Она даже не попыталась скрыть прозвучавшие в ее голосе ледяные нотки неодобрения.
– Оливия, я волновался за тебя. Ты обещала вечером позвонить.
– Не припомню, чтобы обещала такое.
– Обещала, обещала, – с жаром подтвердил Клей.
– Ты дал мне сроку две недели. По-моему, прошло не более семи часов. Почему ты не попросил консьержа позвонить мне?
– Я подумал, что ты могла заснуть, и в этом случае ушел бы, не потревожив тебя. Ну, или, честно говоря… Если бы ты узнала о моем приходе, то могла бы не впустить меня, а я так хотел тебя повидать. Утром я, наверное, сильно тебя огорошил.
Оливия не ответила, и Клей Хэдли мягко прибавил:
– Оливия, ведь существует причина, почему ты дала мне ключ вместе с разрешением приходить, если я заподозрю неладное.
Она почувствовала, что ее негодование по поводу вторжения утихло. Клей сказал правду. «Позвони он, я бы сказала, что отдыхаю», – подумала она. Потом Оливия проследила за взглядом Клея.
Он смотрел на конверт из плотной бумаги у нее в руке.
С того места, где он стоял, ему отчетливо было видно единственное слово, написанное ее матерью.
«Кэтрин».
5
Моника жила на первом этаже реконструированного таунхауса на Восточной Тридцать шестой улице. Ей казалось, что поселиться в квартале с такими домами – все равно что вернуться в девятнадцатый век, когда все дома из бурого песчаника были частными особняками. Ее квартира размещалась в задней части здания, а это означало, что она имеет исключительное право пользоваться маленьким патио и садом. В теплую погоду она, сидя в патио в купальном халате, наслаждалась утренним кофе или вечерним бокалом вина.
После спора с секретаршей Нэн по поводу Майкла О’Кифа, ребенка, у которого был рак мозга, Моника решила прогуляться домой пешком, как часто делала. Она уже давно поняла, что пройти милю с работы до дому – это хорошая разминка, а также возможность снять напряжение.
Столь же хорошо действовала на нее стряпня после рабочего дня. Повар-самоучка, Моника обладала кулинарными талантами, о которых среди ее друзей ходили легенды. Однако ни прогулка, ни превосходные паста и салат, которые она приготовила себе в тот вечер, не избавили ее от гнетущего чувства, что над ней сгущаются тучи.

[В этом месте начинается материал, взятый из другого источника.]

-- ===== src/Raft/Replication.antt =====
-- storage/raft/raft_replication.{h,cpp}: what the leader knows of each peer. The log, the membership
-- and the commit index, to which the source keeps references, are arguments here. A next index is at
-- least 1 wherever the source subtracts 1 from it: `broadcast_append_entries` replaces a 0 before.
pub mod Commit
pub mod Progress
pub mod Sent
use adviskv.Base.{
  ℕ, zero, suc, ◌+◌, ◌-◌, min, max, Bool, true, false, ◌&&◌, Option, none, some, List, [], ◌∷◌,
  length, leb, ltb, ◌==◌, nat_eq, not, if◌then◌else◌, Dict, lookup, assign, or_default,
}
use adviskv.Model.{ReplicaId, replica_id_eq, PeerMember, RaftMember}
use adviskv.Raft.Log.{RaftLog, last_log_index, term_at, entries_from_max}
use adviskv.Raft.Membership.{RaftMembership, voters, has_quorum, peer_members}
use adviskv.Raft.Apply.{RaftApply, set_commit_index}
use adviskv.Raft.Message.{
  AppendEntriesParam, InstallSnapshotParam, RaftMessage, append_entries, install_snapshot,
  RaftEffects, push_message,
}

pub record RaftReplication : Type 0 where
  pub self_id : ReplicaId
  pub next_index : Dict ReplicaId ℕ
  pub match_index : Dict ReplicaId ℕ
  pub snapshot_watermark : Dict ReplicaId ℕ
  pub inflight_snapshot_index : Dict ReplicaId ℕ

-- K_RAFT_MAX_APPEND_ENTRIES_PER_MESSAGE
abbrev pub max_append_entries_per_message : ℕ
max_append_entries_per_message = 256

abbrev pub get_or_zero : ReplicaId → Dict ReplicaId ℕ → ℕ
get_or_zero id m = or_default 0 (lookup id m)

unfoldable pub get_next_index : RaftReplication → ReplicaId → ℕ
get_next_index r id = get_or_zero id r.next_index

unfoldable pub get_match_index : RaftReplication → ReplicaId → ℕ
get_match_index r id = get_or_zero id r.match_index

unfoldable pub get_snapshot_watermark : RaftReplication → ReplicaId → ℕ
get_snapshot_watermark r id = get_or_zero id r.snapshot_watermark

unfoldable pub get_inflight_snapshot_index : RaftReplication → ReplicaId → ℕ
get_inflight_snapshot_index r id = get_or_zero id r.inflight_snapshot_index

unfoldable pub update_next_index : RaftReplication → ReplicaId → ℕ → RaftReplication
update_next_index r id index = record r { next_index = assign id index r.next_index }

unfoldable pub update_match_index : RaftReplication → ReplicaId → ℕ → RaftReplication
update_match_index r id index = record r { match_index = assign id index r.match_index }

-- One entry for each peer but the replica itself.
unfoldable pub fill_peers : ReplicaId → ℕ → List PeerMember → Dict ReplicaId ℕ → Dict ReplicaId ℕ
fill_peers self value [] m = m
fill_peers self value (p ∷ ps) m =
    fill_peers self value ps (if p.replica_id == self then m else assign p.replica_id value m)

unfoldable pub new_replication : ReplicaId → RaftMembership → RaftReplication
unfolding fill_peers peer_members
new_replication self membership =
    let zeros = fill_peers self 0 (peer_members membership) [] in
    record {
      self_id = self;
      next_index = [];
      match_index = zeros;
      snapshot_watermark = zeros;
      inflight_snapshot_index = zeros;
    }

unfoldable pub reset_for_leader : RaftReplication → RaftMembership → RaftLog → RaftReplication
unfolding fill_peers peer_members
reset_for_leader r membership l =
    let zeros = fill_peers r.self_id 0 (peer_members membership) [] in
    record {
      self_id = r.self_id;
      next_index = fill_peers r.self_id (last_log_index l + 1) (peer_members membership) [];
      match_index = zeros;
      snapshot_watermark = zeros;
      inflight_snapshot_index = zeros;
    }

unfoldable pub update_snapshot_watermark : RaftReplication → ReplicaId → ℕ → RaftReplication
unfolding get_snapshot_watermark get_match_index get_next_index
update_snapshot_watermark r id watermark = record r {
  snapshot_watermark = assign id (max (get_snapshot_watermark r id) watermark) r.snapshot_watermark;
  match_index = assign id (max (get_match_index r id) watermark) r.match_index;
  next_index = assign id (max (get_next_index r id) (watermark + 1)) r.next_index;
}

unfoldable pub mark_snapshot_inflight : RaftReplication → ReplicaId → ℕ → RaftReplication × Bool
unfolding get_inflight_snapshot_index
mark_snapshot_inflight r id snapshot_index =
    if ltb 0 (get_inflight_snapshot_index r id) then (r, false) else (
      record r { inflight_snapshot_index = assign id snapshot_index r.inflight_snapshot_index },
      true,
    )

unfoldable pub clear_if_equal : ReplicaId → ℕ → Option ℕ → Dict ReplicaId ℕ → Dict ReplicaId ℕ
clear_if_equal id index none m = m
clear_if_equal id index (some i) m = if i == index then assign id 0 m else m

unfoldable pub clear_snapshot_inflight : RaftReplication → ReplicaId → ℕ → RaftReplication
unfolding clear_if_equal
clear_snapshot_inflight r id snapshot_index =
    let inflight = r.inflight_snapshot_index in
    record r {
      inflight_snapshot_index = clear_if_equal id snapshot_index (lookup id inflight) inflight;
    }

unfoldable pub is_stale_append_response : RaftReplication → ReplicaId → AppendEntriesParam → Bool
unfolding get_next_index
is_stale_append_response r id sent = not (sent.prev_log_index + 1 == get_next_index r id)

unfoldable pub handle_append_ok : RaftReplication → ReplicaId → ℕ → ℕ → RaftReplication
unfolding get_match_index update_match_index update_next_index
handle_append_ok r id prev_log_index entries_size =
    let matched = prev_log_index + entries_size in
    let r' = if ltb (get_match_index r id) matched then update_match_index r id matched else r in
    update_next_index r' id (get_match_index r' id + 1)

unfoldable pub handle_append_failed : RaftReplication → RaftLog → ReplicaId → ℕ → RaftReplication
unfolding get_next_index get_match_index update_next_index
handle_append_failed r l id follower_last_log_index =
    let current_next = get_next_index r id in
    let new_next = min follower_last_log_index (last_log_index l) + 1 in
    let stepped =
      if leb current_next new_next && ltb 1 current_next then current_next - 1 else new_next in
    update_next_index r id (max stepped (get_match_index r id + 1))

unfoldable pub match_index_at_least : RaftReplication → ReplicaId → ℕ → Bool
unfolding get_match_index
match_index_at_least r id index = leb index (get_match_index r id)

-- The voters other than the replica itself whose match index has reached `index`.
unfoldable pub count_matching : RaftReplication → ℕ → List PeerMember → ℕ
unfolding match_index_at_least
count_matching r index [] = 0
count_matching r index (p ∷ ps) =
    (if p.replica_id == r.self_id
      then 0
      else if match_index_at_least r p.replica_id index
      then 1
      else 0)
    + count_matching r index ps

unfoldable pub try_commit :
    RaftReplication → RaftMembership → RaftLog → ℕ → ℕ → RaftApply → RaftApply
unfolding set_commit_index
try_commit r membership l current_term index a =
    if not (term_at l index == current_term)
    then a
    else if has_quorum membership (1 + count_matching r index (voters membership))
    then set_commit_index a index
    else a

-- The loop over the `n` indices from `i` on.
unfoldable pub try_commit_from :
    RaftReplication → RaftMembership → RaftLog → ℕ → ℕ → ℕ → RaftApply → RaftApply
try_commit_from r membership l current_term zero i a = a
try_commit_from r membership l current_term (suc n) i a =
    try_commit_from r membership l current_term n (suc i)
      (try_commit r membership l current_term i a)

-- `result.advanced` is a comparison of the commit indices before and after.
unfoldable pub try_advance_commit_index :
    RaftReplication → RaftMembership → RaftLog → ℕ → RaftApply → RaftApply
try_advance_commit_index r membership l current_term a =
    try_commit_from r membership l current_term (last_log_index l - a.commit_index)
      (a.commit_index + 1) a

unfoldable pub snapshot_message : RaftReplication → PeerMember → RaftLog → ℕ → RaftMessage
snapshot_message r peer l current_term = install_snapshot peer (record {
  from_replica_id = r.self_id;
  to_replica_id = peer.replica_id;
  term = current_term;
  snapshot_index = l.snapshot_index;
  snapshot_term = l.snapshot_term;
  offset = 0;
  bytes = "";
  done = false;
})

unfoldable pub entries_message :
    RaftReplication → PeerMember → RaftLog → RaftApply → ℕ → ℕ → RaftMessage
entries_message r peer l a next_index current_term = append_entries peer (record {
  from_replica_id = r.self_id;
  to_replica_id = peer.replica_id;
  term = current_term;
  entries = entries_from_max l next_index max_append_entries_per_message;
  prev_log_index = next_index - 1;
  prev_log_term = term_at l (next_index - 1);
  leader_commit = a.commit_index;
  read_quorum_seq = 0;
})

unfoldable pub build_append_entries_message :
    RaftReplication
    → PeerMember
    → RaftLog
    → RaftApply
    → ℕ
    → ℕ
    → RaftReplication × Option RaftMessage
unfolding mark_snapshot_inflight snapshot_message entries_message
build_append_entries_message r peer l a next_index current_term =
    if ltb (next_index - 1) l.snapshot_index
    then (let (r', marked) = mark_snapshot_inflight r peer.replica_id l.snapshot_index in
        if marked then (r', some (snapshot_message r peer l current_term)) else (r', none))
    else (r, some (entries_message r peer l a next_index current_term))

unfoldable pub push_if_some : Option RaftMessage → RaftEffects → RaftEffects
push_if_some none effects = effects
push_if_some (some msg) effects = push_message msg effects

-- One round of the loop of `broadcast_append_entries`.
unfoldable pub broadcast_to :
    RaftMember
    → RaftLog
    → RaftApply
    → ℕ
    → RaftReplication × RaftEffects
    → RaftReplication × RaftEffects
unfolding get_next_index update_next_index build_append_entries_message push_if_some
broadcast_to member l a current_term (r, effects) =
    let id = member.peer.replica_id in
    if id == r.self_id
    then (r, effects)
    else (let r' =
          if get_next_index r id == 0 then update_next_index r id (last_log_index l + 1) else r in
        let (r'', msg) =
          build_append_entries_message r' member.peer l a (get_next_index r' id) current_term in
        (r'', push_if_some msg effects))

unfoldable pub broadcast_append_entries :
    List RaftMember
    → RaftLog
    → RaftApply
    → ℕ
    → RaftReplication × RaftEffects
    → RaftReplication × RaftEffects
broadcast_append_entries [] l a current_term s = s
broadcast_append_entries (m ∷ ms) l a current_term s =
    broadcast_append_entries ms l a current_term (broadcast_to m l a current_term s)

«Это все из-за ребенка, – решила она. – Мне надо завтра выписать Салли, но если даже я проверю ДНК и выясню, что Рене Картер не является ее биологической матерью, что это докажет? Мой папа был приемным ребенком. Я почти не помню его родителей, но он всегда говорил, что не может себе представить на их месте кого-то другого. Фактически он перефразировал слова Алисы, дочери Тедди Рузвельта. Овдовев, Рузвельт повторно женился, когда Алисе было два года. Когда ее спросили о мачехе, Алиса без колебаний ответила: “Она была единственной матерью, которую я знала или хотела бы знать”. Правда, повторяя эти слова и питая к приемным родителям такую же любовь, как Алиса Рузвельт к воспитавшей ее мачехе, папа всегда интересовался своими настоящими родителями, – размышляла Моника. – В последние несколько лет своей жизни он был этим прямо-таки одержим».
Салли привезли в отделение неотложной помощи в тяжелом состоянии, однако признаков жестокого обращения не было, и кормили ее, по-видимому, хорошо. И разумеется, Рене Картер была не первой матерью, поручающей своего ребенка заботам няни.
Еще одним поводом для беспокойства была перспектива подтвердить излечение рака мозга у Майкла О’Кифа. «Я не верю в чудеса», – с жаром говорила себе Моника, но не могла забыть, что осмотр подтвердил неизлечимую болезнь Майкла.